Just want to be able to see the links and websites as well as all the other posts. So will have to be annoying for a while, sorry.


----------



## deniseO30 (Nov 27, 2006)

It quality more the quantity.  welcome to the boards!


----------



## newhaul (Feb 19, 2010)

Welcome check the http://www.sailnet.com/forums/general-discussion-sailing-related/115073-voyaging-$500-per-month.html its easy to over post in that thread and being from where you are I'm sure you could contribute greatly to the discussion


----------



## miatapaul (Dec 15, 2006)

Well guess being a member that long without making any posts you must really think about your words!
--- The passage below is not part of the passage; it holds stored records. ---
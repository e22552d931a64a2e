-- ===== src/RemovedVars.antt =====
-- scripts/check_inventory_removed_vars.py: an inventory variable that disappears while code still
-- reads it. `parse` is the YAML reader: the top-level names of a text, `none` for a broken one or
-- one that is no mapping. Files are pairs of a path and a text.
pub mod Laws
pub mod Mentions
use Prim.Native.Char.{Char, code}
use Prim.Native.String
use ansible_platform.Prelude.{
  ℕ, ltb, leb, ◌=ℕ◌, String, ◌==◌, Bool, true, false, not, ◌&&◌, ◌||◌, Option, none, some, List, [],
  ◌∷◌, ◌++◌, map, any, keep, contains, is_empty, String-discrete, if◌then◌else◌,
}
use ansible_platform.Prelude.Text.{
  is_word, has_suffix, split, join, starts, ends, strip_left, drop_prefix,
}
use ansible_platform.Prelude.Dict
use ansible_platform.Prelude.Dict.{Dict}

abbrev pub starts_no_word : String → Bool
starts_no_word String.[] = true
starts_no_word (String.◌∷◌ c s) = not (is_word (code c))

abbrev ends_here : Option String → Bool
ends_here none = false
ends_here (some rest) = starts_no_word rest

-- `word.search(text)`: the name with no word character on either side; the flag says whether the
-- character before is one.
unfoldable pub mentions : Bool → String → String → Bool
unfolding drop_prefix
mentions before name String.[] = not before && (name == "")
mentions before name (String.◌∷◌ c s) =
    (not before && ends_here (drop_prefix name (String.◌∷◌ c s)))
    || mentions (is_word (code c)) name s

abbrev pub matches_tail : String → Bool
matches_tail r = (ends r ".yml" && not (r == ".yml")) || (ends r ".yaml" && not (r == ".yaml"))

abbrev env_of_parts : List String → Option String
env_of_parts (top ∷ env ∷ kind ∷ rest) =
    if (top == "inventories")
      && (not (env == "")
          && (((kind == "group_vars") || (kind == "host_vars")) && matches_tail (join "/" rest)))
    then some env
    else none
env_of_parts _ = none

-- `VARS_FILE.match(path)`: the environment of an inventory file
unfoldable pub env_of : String → Option String
unfolding split join ends
env_of path = env_of_parts (split "/" path)

abbrev code_suffixes : List String
code_suffixes = ".yml" ∷ ".yaml" ∷ ".j2" ∷ ".py" ∷ []

-- `path.suffix in CODE`
unfoldable pub is_code : String → Bool
unfolding has_suffix
is_code path = any (has_suffix path) code_suffixes

-- `readers`: the files under roles/ and playbooks/ that name the variable as a whole word
unfoldable pub readers : List (String × String) → String → List String
unfolding is_code mentions
readers [] name = []
readers ((path, text) ∷ files) name =
    let rest = readers files name in
    if is_code path && mentions false name text then path ∷ rest else rest

abbrev pub names_at : Dict (List String) → String → List String
names_at d env = elim (Dict.get d env) [ none ↦ [] | some ns ↦ ns ]

-- `names - other`
abbrev pub difference : List String → List String → List String
difference ns other = keep (λ n. not (contains other n)) ns

-- `removed`: the names of each environment of the base that the present lacks, unsorted
unfoldable pub removed : Dict (List String) → Dict (List String) → List (String × String)
unfolding Dict.get
removed [] now = []
removed ((env, names) ∷ base) now =
    map (λ (n : String). (env, n)) (difference names (names_at now env)) ++ removed base now

pub record Problem : Type 0 where
  pub env : String
  pub name : String
  pub read_by : List String

-- `check`, from the names of the base and of the present
unfoldable pub check_removed :
    List (String × String) → List (String × String) → List String → List Problem
unfolding readers
check_removed [] files accept = []
check_removed ((env, name) ∷ gone) files accept =
    let rest = check_removed gone files accept in
    if contains accept name
    then rest
    else if is_empty (readers files name)
    then rest
    else record { env = env; name = name; read_by = readers files name } ∷ rest

module _ (parse : String → Option (List String)) where
  -- `names_in`
  unfoldable pub names_in : String → List String
  unfolding starts strip_left
  names_in text =
      if starts (strip_left text) "$ANSIBLE_VAULT"
      then []
      else elim (parse text) [ none ↦ [] | some names ↦ names ]

  -- `names_by_env`, onto the dict that the loop has so far
  unfoldable pub names_by_env : List (String × String) → Dict (List String) → Dict (List String)
  unfolding env_of names_in Dict.put Dict.get
  names_by_env [] out = out
  names_by_env ((path, text) ∷ files) out = names_by_env files (elim (env_of path) [
    | none ↦ out
    | some env ↦ Dict.put env (names_at out env ++ names_in text) out
  ])

  unfoldable pub check :
      List (String × String)
      → List (String × String)
      → List (String × String)
      → List String
      → List Problem
  unfolding removed check_removed
  check base now files accept =
      check_removed (removed (names_by_env base []) (names_by_env now [])) files accept

  -- `main` once the base commit is known: 1 if there is a problem
  unfoldable pub main_at :
      List (String × String) → List (String × String) → List (String × String) → List String → ℕ
  main_at base now files accept = if is_empty (check base now files accept) then 0 else 1

  -- `main`: the base's files, `none` if the base commit cannot be told, which fails in CI only
  unfoldable pub main :
      Bool
      → Option (List (String × String))
      → List (String × String)
      → List (String × String)
      → List String
      → ℕ
  unfolding main_at
  main in_actions none now files accept = if in_actions then 1 else 0
  main in_actions (some base) now files accept = main_at base now files accept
And I hope your not a novelist, 

Sent from my DROID RAZR using Tapatalk


----------



## MysticWind (Sep 27, 2003)

Thanks all and no I am not a novelist by any means. I don't even talk very much, kind of a shy individual. I do love sailing even though it is mostly day sailing around the bays here. Hey, one more post.


----------



## CatMan22 (Apr 16, 2012)

Welcome to sailnet, be careful with this post thing it can be addictive. Tell us a little more about yourself, what kind of boat do you sail, how long have you been sailing, etc. Get to 10 posts and show us some pics.


----------



## MysticWind (Sep 27, 2003)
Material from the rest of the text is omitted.